The magnitude of the electric field of each charge is calculated by

\[ \begin{gather} \bbox[#99CCFF,10px] {E=k_0\frac{q}{r^2}} \end{gather} \]

The resultant electric field will be given by

\[ \begin{gather} E=E_1+E_2\\[5pt] E=k_0\frac{q}{(x-d)^2}+k_0\frac{q}{(x+d)^2}\\[5pt] E=k_0 q\left[\frac{(x+d)^2}{(x-d)^2}+\frac{(x-d)^2}{(x+d)^2}\right] \end{gather} \]

Terms in the numerator are in the form of Special Binomial Products

\[ \begin{gather} (a+b)^2=a^2+2ab+b^2 \end{gather} \]

\[ \begin{gather} (a-b)^2=a^2-2ab+b^2 \end{gather} \]

\[ \begin{gather} E=k_0 q\left[\frac{x^2+2xd+d^2+x^2-2xd+d^2}{(x-d)^2(x+d)^2}\right]\\[5pt] E=k_0 q\left[\frac{x^2+2xd+d^2+x^2-2xd+d^2}{(x-d)^2(x+d)^2}\right] \end{gather} \]

\[ \begin{gather} \bbox[#FFCCCC,10px] {E=\frac{2k_0 q(x^2+d^2)}{(x-d)^2(x+d)^2}} \end{gather} \]
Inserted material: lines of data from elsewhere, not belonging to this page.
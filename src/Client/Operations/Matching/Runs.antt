-- ===== src/Client/Operations/Matching/Runs.antt =====
-- The operations of crates/netfilum-client/src/mount.rs over two servers that answer alike.
use netfilum.Prelude.{
  ℕ, ◌%◌, ◌^◌, ◌≡◌, refl, arith, Bool, true, false, Option, none, some, [], length, ◌++◌,
  append-nil,
}
use netfilum.Prelude.Texts.{Text, Bytes}
use netfilum.Prelude.Results.{Run, ◌>>=◌, pure}
use netfilum.Protocol.{Request}
use netfilum.Client.Times.{wire_time_from_windows}
use netfilum.Client.Attributes.{readonly_update_from_attributes, fill_file_info}
use netfilum.Client.Context.{Environment, Mounted, call, expect_attr}
use netfilum.Client.Operations as Operations
use netfilum.Client.Operations.{
  Opened, FileSecurity, on_path, on_mount, write_payload, write_entries, write_dir_entry, on_buffer,
  acquired, fill_buffer, write_special_dir_entry, created_kind, constrain,
}
use netfilum.Client.Operations.Requests.{constrain-prefix}
use netfilum.Client.Operations.Matching.{Keeps, >>=-Matches, pure-Matches}
use netfilum.Client.Operations.Matching.Twins.{
  Twins, First, Second, view_open, AtMount, AtOpen, MatchesMount, MatchesOpen, call-Matches,
  call-Keeps, expect_attr-Matches, expect_attr-Keeps, fetch_attr-Matches, fetch_attr-Keeps,
  on_path-Matches, on_path-Keeps,
}

module _ (E : Environment) (Asks : Request → Type 0) (T : Twins Asks) (path : Text) where
  abbrev A : Environment
  A = First E Asks T

  abbrev B : Environment
  B = Second E Asks T

  -- A request about the path, and what follows it.
  pub then-Matches :
      {X Y : Type 0} (m : Text → Run (Mounted A) E.FspError X)
      (n : Text → Run (Mounted B) E.FspError X) (f : X → Run (Opened A) E.FspError Y)
      (g : X → Run (Opened B) E.FspError Y)
      → MatchesMount E Asks T (m path) (n path)
      → Keeps (AtMount E Asks T) (m path)
      → ((x : X) → MatchesOpen E Asks T path (f x) (g x))
      → MatchesOpen E Asks T path (on_path A m >>= f) (on_path B n >>= g)
  then-Matches m n f g h k l =
      >>=-Matches (view_open E Asks T) (AtOpen E Asks T path) (on_path A m) (on_path B n) f g
        (on_path-Matches E Asks T path m n h) (on_path-Keeps E Asks T path m k) l

  pub returned : {X : Type 0} (x : X) → MatchesOpen E Asks T path (pure x) (pure x)
  returned x = pure-Matches (view_open E Asks T) (AtOpen E Asks T path) x

  pub get_file_info-Matches :
      Asks (Request.stat path)
      → MatchesOpen E Asks T path (Operations.get_file_info A) (Operations.get_file_info B)
  unfolding Operations.get_file_info
  get_file_info-Matches asked =
      then-Matches _ _ _ _ (fetch_attr-Matches E Asks T path asked)
        (fetch_attr-Keeps E Asks T path asked) (λ a. returned (fill_file_info a))

  pub flush_file-Matches :
      Asks (Request.flush (some path))
      → Asks (Request.stat path)
      → MatchesOpen E Asks T path (Operations.flush_file A) (Operations.flush_file B)
  unfolding Operations.flush_file
  flush_file-Matches asked then_asked =
      then-Matches (λ p. call A (Request.flush (some p))) (λ p. call B (Request.flush (some p))) _ _
        (call-Matches E Asks T _ asked) (call-Keeps E Asks T _ asked)
        λ r.
          then-Matches _ _ _ _ (fetch_attr-Matches E Asks T path then_asked)
            (fetch_attr-Keeps E Asks T path then_asked) (λ a. returned (fill_file_info a))

  -- A request about the open file that is answered by its attributes.
  expected-Matches :
      (r : Text → Request) (t : Text)
      → Asks (r path)
      → MatchesOpen E Asks T path
          (on_path A (λ p. call A (r p)) >>= λ a.
            on_mount A (expect_attr A t a) >>= λ i. pure (fill_file_info i))
          (on_path B (λ p. call B (r p)) >>= λ a.
            on_mount B (expect_attr B t a) >>= λ i. pure (fill_file_info i))
  expected-Matches r t asked =
      then-Matches (λ p. call A (r p)) (λ p. call B (r p)) _ _ (call-Matches E Asks T _ asked)
        (call-Keeps E Asks T _ asked)
        λ a.
          then-Matches (λ p. expect_attr A t a) (λ p. expect_attr B t a) _ _
            (expect_attr-Matches E Asks T t a) (expect_attr-Keeps E Asks T t a)
            (λ i. returned (fill_file_info i))

  pub set_file_size-Matches :
      (size : ℕ) (allocation : Bool)
      → Asks (Request.set_len path size allocation)
      → MatchesOpen E Asks T path
          (Operations.set_file_size A size allocation)
          (Operations.set_file_size B size allocation)
  unfolding Operations.set_file_size
  set_file_size-Matches size allocation asked =
      expected-Matches (λ p. Request.set_len p size allocation) _ asked

  pub set_basic_info-Matches :
      (attributes created accessed modified changed : ℕ)
      → Asks (
          Request.set_basic_info path (record {
            readonly = readonly_update_from_attributes attributes;
            creation_time = wire_time_from_windows created;
            last_access_time = wire_time_from_windows accessed;
            last_write_time = wire_time_from_windows modified;
            change_time = wire_time_from_windows changed;
          }))
      → MatchesOpen E Asks T path
          (Operations.set_basic_info A attributes created accessed modified changed)
          (Operations.set_basic_info B attributes created accessed modified changed)
  unfolding Operations.set_basic_info
  set_basic_info-Matches attributes created accessed modified changed asked =
      expected-Matches (λ p. Request.set_basic_info p _) _ asked

  pub read-Matches :
      (buffer : Bytes) (offset : ℕ)
      → Asks (Request.read path offset (length buffer % 2 ^ 32))
      → MatchesOpen E Asks T path
          (Operations.read A buffer offset)
          (Operations.read B buffer offset)
  unfolding Operations.read
  read-Matches buffer offset asked =
      then-Matches (λ p. call A (Request.read p offset (length buffer % 2 ^ 32)))
        (λ p. call B (Request.read p offset (length buffer % 2 ^ 32))) _ _
        (call-Matches E Asks T _ asked) (call-Keeps E Asks T _ asked)
        λ a. record { same = λ o h. ground arith; seen = λ o h. ground arith }

  write_payload-Matches :
      (offset : ℕ) (to_eof : Bool) (p : Option Bytes)
      → ((d : Bytes) → p ≡ some d → Asks (Request.write path offset d to_eof))
      → MatchesOpen E Asks T path
          (write_payload A offset to_eof p)
          (write_payload B offset to_eof p)
  unfolding write_payload
  write_payload-Matches offset to_eof none asked = returned (0, none)
  write_payload-Matches offset to_eof (some p) asked =
      then-Matches (λ q. call A (Request.write q offset p to_eof))
        (λ q. call B (Request.write q offset p to_eof)) _ _ (call-Matches E Asks T _ (asked p refl))
        (call-Keeps E Asks T _ (asked p refl))
        λ a. record { same = λ o h. ground arith; seen = λ o h. ground arith }

  pub write-Matches :
      (buffer : Bytes) (offset : ℕ) (to_eof constrained : Bool)
      → Asks (Request.stat path)
      → ((d rest : Bytes) → buffer ≡ d ++ rest → Asks (Request.write path offset d to_eof))
      → MatchesOpen E Asks T path
          (Operations.write A buffer offset to_eof constrained)
          (Operations.write B buffer offset to_eof constrained)
  unfolding Operations.write
  write-Matches buffer offset to_eof false asked then_asked =
      write_payload-Matches offset to_eof (some buffer)
        (λ d e. then_asked d [] (ground (arith, append-nil buffer)))
  write-Matches buffer offset to_eof true asked then_asked =
      then-Matches _ _ _ _ (fetch_attr-Matches E Asks T path asked)
        (fetch_attr-Keeps E Asks T path asked)
        λ a.
          write_payload-Matches offset to_eof (constrain a.size offset buffer)
            λ d e. let (rest, i) = constrain-prefix a.size offset buffer d e in then_asked d rest i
For points far from the center of the charges, x≫d, we can neglect the terms in d in the denominator, and the term in d² in the numerator and the solution will be

\[ \begin{gather} E=\frac{2k_0 q\cancel{x^2}}{\cancel{x^2}x^2} \end{gather} \]

\[ \begin{gather} \bbox[#FFCCCC,10px] {E=\frac{2k_0 q}{x^2}} \end{gather} \]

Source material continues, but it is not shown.